Statistical Analysis
Results obtained from continuous data with normal distribution are presented as means and standard deviations. Those from non-normal continuous data are presented as medians with 25th and 75th percentiles, and those from categorical data are presented as numbers and percentages. The absolute standardized difference (ASD), which is superior to rank-sum tests or t-tests because it is independent of sample size, was used for between-group comparisons. The between-group imbalances were considered ideal if the ASD was less than 10% (Stata command “stddiff”). We used propensity score matching to balance the differences in patient demographics, medical history, and pre-admission and in-hospital management strategies between GPI users and non-GPI users. We developed a non-parsimonious multivariable logistic regression model to estimate a propensity score for GPI status (yes or no) as the dependent variable. Then, a propensity score matching of a maximal ratio of 1-to-1, without replacement, with a caliper width of 0.02 was performed (Stata command “calipmatch”). The risk of in-hospital bleeding, ischemic events, and mortality in the matched groups was assessed using a logistic regression model on the matched pairs.

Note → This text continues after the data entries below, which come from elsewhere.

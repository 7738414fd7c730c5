-- ===== src/Coap/RoundTrip/BlockValue.antt =====
-- The value of a block option: its number, its flag and its size are read back.
use knx_iot_stack.Prelude.{
  ℕ, zero, suc, ◌+◌, ◌*◌, ◌/◌, ◌%◌, ◌^◌, ◌≤◌, ◌<◌, ◌≡◌, refl, sym, ap, ◌∙◌, arith, Bool, true, ◌==◌,
  if◌then◌else◌, bit_and, bit_or,
}
use knx_iot_stack.Prelude.Bits.{
  bit_and-ones, bit_and-shifted, bit_or_add, passes_below, passes_below-at,
}
use knx_iot_stack.Coap.Packet.{Packet}
use knx_iot_stack.Coap.Parse.{take_block2, take_block1}
use knx_iot_stack.Coap.Serialize.{log_2, block_value}
use native.Mathlib.Nat.{mul_assoc}

-- A block with a size that the option can express.
pub record IsBlock (num more size : ℕ) : Type 0 where
  pub szx : ℕ
  pub szx_bound : szx < 8
  pub size_is : size ≡ 16 * 2 ^ szx
  pub num_bound : num < 2 ^ 28
  pub more_bound : more ≤ 1

abbrev log_test : ℕ → Bool
log_test s = bit_and (log_2 (16 * 2 ^ s / 16)) 0xF == s

log_table : passes_below log_test 8 ≡ true
unfolding passes_below log_2
log_table = refl

log_2-size : (s : ℕ) → s < 8 → bit_and (log_2 (16 * 2 ^ s / 16)) 0xF ≡ s
log_2-size s h =
    let t : log_test s ≡ true = passes_below-at log_test 8 h log_table in ground (arith, t)

module _ (num more size : ℕ) (b : IsBlock num more size) where
  flagged :
      (m : ℕ)
      → m ≤ 1
      → bit_or (if m == 0 then num * 16 else bit_or (num * 16) 0x8) b.szx ≡ num * 16 + m * 8 + b.szx
  flagged zero h = bit_or_add 4 num b.szx (omega (arith, b)) ∙ omega arith
  flagged (suc m) h =
      let e : bit_or (num * 16) 0x8 ≡ (num * 2 + 1) * 8 =
        bit_or_add 4 num 8 (omega arith) ∙ omega arith in
      ground (arith, e, bit_or_add 3 (num * 2 + 1) b.szx b.szx_bound)

  block_value_lem : block_value num more size ≡ num * 16 + more * 8 + b.szx
  unfolding block_value
  block_value_lem =
      let block : num * 2 ^ 4 % 2 ^ 32 ≡ num * 16 = omega (arith, b) in
      let size_bits : bit_and (log_2 (size / 16)) 0xF ≡ b.szx =
        ap (λ s. bit_and (log_2 (s / 16)) 0xF) b.size_is ∙ log_2-size b.szx b.szx_bound in
      rw (block, size_bits) (flagged more b.more_bound)

  pub block_value-lt : block_value num more size < 2 ^ 32
  block_value-lt = rw block_value_lem (omega (arith, b))

  value_fields :
      (bit_and (block_value num more size) 0x08 / 2 ^ 3 ≡ more)
      × (bit_and (block_value num more size) 0x07 ≡ b.szx)
      × (bit_and (block_value num more size) 0xFFFFFFF0 ≡ num * 16)
      × (block_value num more size / 2 ^ 4 ≡ num)
  value_fields =
      let v = num * 16 + more * 8 + b.szx in
      rw block_value_lem (
        omega (arith, b, bit_and-shifted 3 v 1, bit_and-ones 1 (v / 2 ^ 3)),
        omega (arith, b, bit_and-ones 3 v),
        omega (arith, b, bit_and-shifted 4 v 0xFFFFFFF, bit_and-ones 28 (v / 2 ^ 4)),
        omega (arith, b),
      )

  offset : num * 16 * 2 ^ b.szx ≡ num * size
  offset = mul_assoc num 16 (2 ^ b.szx) ∙ ap (λ s. num * s) (sym b.size_is)

  pub take_block2-block_value :
      (q : Packet)
      → take_block2 (block_value num more size) q ≡ record q {
        block2_num = num;
        block2_more = more;
        block2_size = size;
        block2_offset = num * size % 2 ^ 32;
      }
  unfolding take_block2
  take_block2-block_value q =
      let (m, s, n, k) = value_fields in rw (m, s, n, k, sym b.size_is, offset) refl

  pub take_block1-block_value :
      (q : Packet)
      → take_block1 (block_value num more size) q ≡ record q {
        block1_num = num;
        block1_more = more;
        block1_size = size;
        block1_offset = num * size % 2 ^ 32;
      }
  unfolding take_block1
  take_block1-block_value q =
      let (m, s, n, k) = value_fields in rw (m, s, n, k, sym b.size_is, offset) refl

We performed the following interaction tests and subgroup analyses based on matched population, including age (< 65 and ≥ 65 years), sex, eGFR, Killip class (Class I vs. > Class I), DAPT status (full loading or not), and Low Molecular Weight Heparin LWMH (use or not).
Finally, we performed the following sensitivity analyses based on the matching cohort that excluded the following: (a) patients who died within 48 hours of admission; (b) patients with Killip Class IV; (c) patients receiving ticagrelor; (d) patients receiving DAPT with both in loading dose; (e) femoral PCI; and (f) patients receiving unfractionated heparin (nonoperative, unfractionated heparin use). Additionally, an inverse probability weighting based on multivariate logistic regression (Stata command “teffects ipw”) was used as a sensitivity analysis to validate the primary findings.
We imputed data for variables with missing values using the sequential regression multiple imputation method by IVEware (version 0.2; Survey Research Center, University of Michigan, Ann Arbor, MI), as previously described.15 The missing rates of the study variables are shown in Supplemental Table 2. We used Stata version 15.1 (StataCorp, College Station, TX) for analysis. A two-tailed p < 0.05 was considered statistically significant.